DATA EXTRACTS below:
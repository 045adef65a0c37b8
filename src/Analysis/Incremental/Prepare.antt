-- ===== src/Analysis/Incremental/Prepare.antt =====
-- prepare_incr_update of libtatum/tatum/graph_walkers/SerialIncrWalker.hpp: what an update starts with.
use tatum.Prelude.{
  ℕ, ◌<◌, ◌≤◌, ◌≡◌, ◌≢◌, refl, sym, subst, ◌∙◌, Bool, true, false, ◌||◌, some, List, [], ◌∷◌, arith,
  length, if◌then◌else◌,
}
use tatum.Result.{Result, ok, err, out_of_range, for_each}
use tatum.Result.Ends.{Returns, Returns-bind, Returns-mono, Returns→ok}
use tatum.Container.{same_id}
use tatum.Container.Laws.{same_id_refl}
use tatum.Graph.{
  TimingGraph, NodeId, EdgeId, LevelId, levels, node_level, edge_sink_node, edge_src_node,
}
use tatum.Analysis.Queue.{
  Queue, is_marked, enqueue_node, last_index, first_index, clear_queue, resize_levels,
}
use tatum.Analysis.Queue.Marks.{count}
use tatum.Analysis.Queue.Contents.{IsQueue, InRange, enqueue_node-IsQueue}
use tatum.Analysis.Queue.Clear.{clear_queue_shrunk, clear_queue-IsQueue}
use tatum.Analysis.Incremental.{
  IncrWalk, enqueue_arr_node, enqueue_req_node, prepare_edge, prepare_incr_update, clear_modified,
}
use tatum.Analysis.Incremental.Edges.{IsInvalidated, invalidate_edge_old}

abbrev is_node : Result NodeId → NodeId → Bool
is_node (err fault) n = false
is_node (ok m) n = same_id m n

-- Whether a node is the sink, or the source, of one of the edges.
abbrev pub is_sink_of : TimingGraph → List EdgeId → NodeId → Bool
is_sink_of tg [] n = false
is_sink_of tg (e ∷ es) n = is_node (edge_sink_node tg e) n || is_sink_of tg es n

abbrev pub is_source_of : TimingGraph → List EdgeId → NodeId → Bool
is_source_of tg [] n = false
is_source_of tg (e ∷ es) n = is_node (edge_src_node tg e) n || is_source_of tg es n

-- A node that has one of the first `n` levels.
pub record Levelled (tg : TimingGraph) (n : ℕ) (node : Result NodeId) : Type 0 where
  pub id : ℕ
  pub level : ℕ
  pub is_id : node ≡ ok (some id)
  pub at_level : node_level tg (some id) ≡ ok (some level)
  pub in_range : level < n

-- The ids of the levels of a levelized graph that has at least one; the first of them is one of `n`.
pub record HasLevels (tg : TimingGraph) (n : ℕ) : Type 0 where
  pub ids : List LevelId
  pub last : ℕ
  pub first : ℕ
  pub is_levels : levels tg ≡ ok ids
  pub is_last : last_index ids ≡ ok last
  pub is_first : first_index ids ≡ ok first
  pub many : n ≡ length ids
  pub first_in : first < n

-- An edge from and to such nodes.
pub record Joined (tg : TimingGraph) (n : ℕ) (edge : EdgeId) : Type 0 where
  pub to_sink : Levelled tg n (edge_sink_node tg edge)
  pub from_source : Levelled tg n (edge_src_node tg edge)

shuffle : (a b c : Bool) → (b || ((a || false) || c)) ≡ ((a || b) || c)
shuffle true true c = refl
shuffle true false c = refl
shuffle false true c = refl
shuffle false false c = refl

or_false_end : (a : Bool) → (a || false) ≡ a
or_false_end true = refl
or_false_end false = refl

or_false : (a c : Bool) → (a || c) ≡ ((a || false) || c)
or_false true c = refl
or_false false c = refl

-- An edge of the list is marked.
marked_of : (b : Bool) (n : ℕ) → n ≢ 0 → n ≡ (if b then 1 else 0) → b ≡ true
marked_of true n h e = refl
marked_of false n h e = absurd (h e)

pub cleared_queue :
    (tg : TimingGraph) (n : ℕ) (q : Queue)
    → HasLevels tg n
    → InRange q
    → q.max_level < n
    → (q' : Queue) × (clear_queue tg (resize_levels n q) ≡ ok q')
      × (IsQueue tg q'
          × (length q'.nodes_to_process ≡ n)
          × ((m : NodeId) → is_marked q'.node_is_enqueued m ≡ false))
cleared_queue tg n q g range fits = Returns→ok _ (clear_queue tg (resize_levels n q)) (
    clear_queue-IsQueue tg q g.ids n g.last g.first range g.is_levels g.is_last g.is_first g.many
      fits g.first_in)

module _ {S : Type 0} (tg : TimingGraph) (n : ℕ) where
  -- Both queues are queues of the graph for `n` levels.
  pub record Queued (w : IncrWalk S) : Type 0 where
    pub arr : IsQueue tg w.incr_arr_update
    pub req : IsQueue tg w.incr_req_update
    pub arr_len : length w.incr_arr_update.nodes_to_process ≡ n
    pub req_len : length w.incr_req_update.nodes_to_process ≡ n

  -- What some edges, which are invalidated, add to the queues.
  pub record Prepared (edges : List EdgeId) (w w' : IncrWalk S) : Type 0 where
    pub queued : Queued w'
    pub arrivals :
        (m : NodeId)
        → is_marked w'.incr_arr_update.node_is_enqueued m
          ≡ (is_sink_of tg edges m || is_marked w.incr_arr_update.node_is_enqueued m)
    pub requireds :
        (m : NodeId)
        → is_marked w'.incr_req_update.node_is_enqueued m
          ≡ (is_source_of tg edges m || is_marked w.incr_req_update.node_is_enqueued m)
    pub same_edges : w'.invalidated_edges ≡ w.invalidated_edges
    pub same_bits : w'.edge_invalidated ≡ w.edge_invalidated
    pub same_tables : w'.tables ≡ w.tables

  module _ (edge : EdgeId) (w : IncrWalk S) where
    prepare_edge-Prepared :
        Joined tg n edge
        → is_marked w.edge_invalidated edge ≡ true
        → Queued w
        → Returns (Prepared (edge ∷ []) w) (prepare_edge tg edge w)
    unfolding prepare_edge enqueue_arr_node enqueue_req_node
    prepare_edge-Prepared j old q =
        let sink = j.to_sink in
        let source = j.from_source in
        let (arr, arr_run, arr_is) =
          Returns→ok _ (enqueue_node tg (some sink.id) w.incr_arr_update) (
            enqueue_node-IsQueue tg sink.id sink.level w.incr_arr_update q.arr sink.at_level
              (subst (λ x. sink.level < x) (sym q.arr_len) sink.in_range)) in
        let (req, req_run, req_is) =
          Returns→ok _ (enqueue_node tg (some source.id) w.incr_req_update) (
            enqueue_node-IsQueue tg source.id source.level w.incr_req_update q.req source.at_level
              (subst (λ x. source.level < x) (sym q.req_len) source.in_range)) in
        rw
          (
            prepare_edge,
            sink.is_id,
            enqueue_arr_node,
            invalidate_edge_old edge w old,
            arr_run,
            source.is_id,
            enqueue_req_node,
            invalidate_edge_old edge (record w { incr_arr_update = arr }) old,
            req_run,
          )
          record {
            queued = record {
              arr = arr_is.0;
              req = req_is.0;
              arr_len = arr_is.1 ∙ q.arr_len;
              req_len = req_is.1 ∙ q.req_len;
            };
            arrivals = λ m. arr_is.2 m ∙ rw sink.is_id (or_false (same_id (some sink.id) m) _);
            requireds = λ m. req_is.2 m ∙ rw source.is_id (or_false (same_id (some source.id) m) _);
            same_edges = refl;
            same_bits = refl;
            same_tables = refl;
          }

  prepare_loop :
      (edges : List EdgeId) (w : IncrWalk S)
      → ((e : EdgeId) → count e edges ≢ 0 → Joined tg n e)
      → ((e : EdgeId) → count e edges ≢ 0 → is_marked w.edge_invalidated e ≡ true)
      → Queued w
      → Returns (Prepared edges w) (for_each edges w (prepare_edge tg))
  unfolding for_each
  prepare_loop [] w joined old q = record {
    queued = q;
    arrivals = λ m. refl;
    requireds = λ m. refl;
    same_edges = refl;
    same_bits = refl;
    same_tables = refl;
  }
  prepare_loop (e ∷ es) w joined old q =
      let head : count e (e ∷ es) ≢ 0 = rw (same_id_refl e) (λ z. absurd (omega arith)) in
      let tail : (x : EdgeId) → count x es ≢ 0 → count x (e ∷ es) ≢ 0 =
        λ x some_left. ground arith in
      Returns-bind (Prepared (e ∷ []) w) (Prepared (e ∷ es) w) (prepare_edge tg e w) _
        (prepare_edge-Prepared e w (joined e head) (old e head) q)
        (λ t p.
          Returns-mono (Prepared es t) (Prepared (e ∷ es) w) (for_each es t (prepare_edge tg))
            (prepare_loop es t (λ x some_left. joined x (tail x some_left))
              (λ x some_left. rw p.same_bits (old x (tail x some_left))) p.queued)
            (λ t' p'. record {
              queued = p'.queued;
              arrivals = λ m.
                  p'.arrivals m
                  ∙ rw (p.arrivals m)
                      (shuffle (is_node (edge_sink_node tg e) m) (is_sink_of tg es m) _);
              requireds = λ m.
                  p'.requireds m
                  ∙ rw (p.requireds m)
                      (shuffle (is_node (edge_src_node tg e) m) (is_source_of tg es m) _);
              same_edges = p'.same_edges ∙ p.same_edges;
              same_bits = p'.same_bits ∙ p.same_bits;
              same_tables = p'.same_tables ∙ p.same_tables;
            }))

  -- A walker that can start an update, also if its queues are those of another graph: none of them came
  -- to a level that this graph has not.
  pub record IsReady (w : IncrWalk S) : Type 0 where
    pub invalidated : IsInvalidated w
    pub arr_range : InRange w.incr_arr_update
    pub req_range : InRange w.incr_req_update
    pub arr_in : w.incr_arr_update.max_level < n
    pub req_in : w.incr_req_update.max_level < n

  -- Let the graph have levels (it is levelized, its first and its last level are valid, and the first is
  -- one of as many as there are), the walker be ready (its list of invalidated edges agrees with its bitset,
  -- only the levels from min_level to max_level of its queues have nodes, and neither queue came
  -- to a level that the graph has not), and each invalidated edge join two nodes that have a level of
  -- the graph. Then the call returns. Its queues are well formed, with one list for each level of the
  -- graph; the arrival queue has just the sinks and the required queue just the sources of the
  -- invalidated edges, and the list of these edges, its bitset and the tables are what they were.
  pub prepare_incr_update-Prepared :
      (w : IncrWalk S)
      → HasLevels tg n
      → IsReady w
      → ((e : EdgeId) → count e w.invalidated_edges ≢ 0 → Joined tg n e)
      → Returns
          (λ w'.
            Queued w'
            × ((m : NodeId)
                → is_marked w'.incr_arr_update.node_is_enqueued m
                  ≡ is_sink_of tg w.invalidated_edges m)
            × ((m : NodeId)
                → is_marked w'.incr_req_update.node_is_enqueued m
                  ≡ is_source_of tg w.invalidated_edges m)
            × (w'.invalidated_edges ≡ w.invalidated_edges)
            × (w'.edge_invalidated ≡ w.edge_invalidated)
            × (w'.tables ≡ w.tables))
          (prepare_incr_update tg w)
  unfolding prepare_incr_update
  prepare_incr_update-Prepared w g h joined =
      let (arr, arr_run, arr_is) = cleared_queue tg n w.incr_arr_update g h.arr_range h.arr_in in
      let (req, req_run, req_is) = cleared_queue tg n w.incr_req_update g h.req_range h.req_in in
      let start = record (clear_modified w) { incr_arr_update = arr; incr_req_update = req } in
      rw (prepare_incr_update, g.is_levels, sym g.many, arr_run, req_run)
        (Returns-mono (Prepared w.invalidated_edges start) _
          (for_each w.invalidated_edges start (prepare_edge tg))
          (prepare_loop w.invalidated_edges start joined
            (λ e some_left. marked_of _ _ some_left (h.invalidated e))
            record { arr = arr_is.0; req = req_is.0; arr_len = arr_is.1; req_len = req_is.1 })
          (λ w' p. (
            p.queued,
            λ m.
                p.arrivals m ∙ rw (arr_is.2 m) (or_false_end (is_sink_of tg w.invalidated_edges m)),
            λ m.
                p.requireds m
                ∙ rw (req_is.2 m) (or_false_end (is_source_of tg w.invalidated_edges m)),
            p.same_edges,
            p.same_bits,
            p.same_tables,
          )))

  -- A walker whose arrival queue came, in an earlier update, to a level that the graph does not have any
  -- more stops with an index that is out of range.
  pub prepare_incr_update_shrunk :
      (w : IncrWalk S) (ls : List LevelId)
      → levels tg ≡ ok ls
      → w.incr_arr_update.min_level ≤ w.incr_arr_update.max_level
      → length ls ≤ w.incr_arr_update.max_level
      → prepare_incr_update tg w ≡ err out_of_range
  unfolding prepare_incr_update
  prepare_incr_update_shrunk w ls is_levels reached fewer =
      rw
        (
          prepare_incr_update,
          is_levels,
          clear_queue_shrunk tg w.incr_arr_update (length ls) reached fewer,
        )
        refl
End of DATA EXTRACTS.
▸ AIM OF THE TASK
Restate verbatim all lines from the start of the data through the line containing "-- A node that", with both ends kept.

▸ TASK ANSWER
repository 045adef65a0c37b8
filename src/Analysis/Incremental/Prepare.antt
-- ===== src/Analysis/Incremental/Prepare.antt =====
-- prepare_incr_update of libtatum/tatum/graph_walkers/SerialIncrWalker.hpp: what an update starts with.
use tatum.Prelude.{
  ℕ, ◌<◌, ◌≤◌, ◌≡◌, ◌≢◌, refl, sym, subst, ◌∙◌, Bool, true, false, ◌||◌, some, List, [], ◌∷◌, arith,
  length, if◌then◌else◌,
}
use tatum.Result.{Result, ok, err, out_of_range, for_each}
use tatum.Result.Ends.{Returns, Returns-bind, Returns-mono, Returns→ok}
use tatum.Container.{same_id}
use tatum.Container.Laws.{same_id_refl}
use tatum.Graph.{
  TimingGraph, NodeId, EdgeId, LevelId, levels, node_level, edge_sink_node, edge_src_node,
}
use tatum.Analysis.Queue.{
  Queue, is_marked, enqueue_node, last_index, first_index, clear_queue, resize_levels,
}
use tatum.Analysis.Queue.Marks.{count}
use tatum.Analysis.Queue.Contents.{IsQueue, InRange, enqueue_node-IsQueue}
use tatum.Analysis.Queue.Clear.{clear_queue_shrunk, clear_queue-IsQueue}
use tatum.Analysis.Incremental.{
  IncrWalk, enqueue_arr_node, enqueue_req_node, prepare_edge, prepare_incr_update, clear_modified,
}
use tatum.Analysis.Incremental.Edges.{IsInvalidated, invalidate_edge_old}

abbrev is_node : Result NodeId → NodeId → Bool
is_node (err fault) n = false
is_node (ok m) n = same_id m n

-- Whether a node is the sink, or the source, of one of the edges.
abbrev pub is_sink_of : TimingGraph → List EdgeId → NodeId → Bool
is_sink_of tg [] n = false
is_sink_of tg (e ∷ es) n = is_node (edge_sink_node tg e) n || is_sink_of tg es n

abbrev pub is_source_of : TimingGraph → List EdgeId → NodeId → Bool
is_source_of tg [] n = false
is_source_of tg (e ∷ es) n = is_node (edge_src_node tg e) n || is_source_of tg es n

-- A node that has one of the first `n` levels.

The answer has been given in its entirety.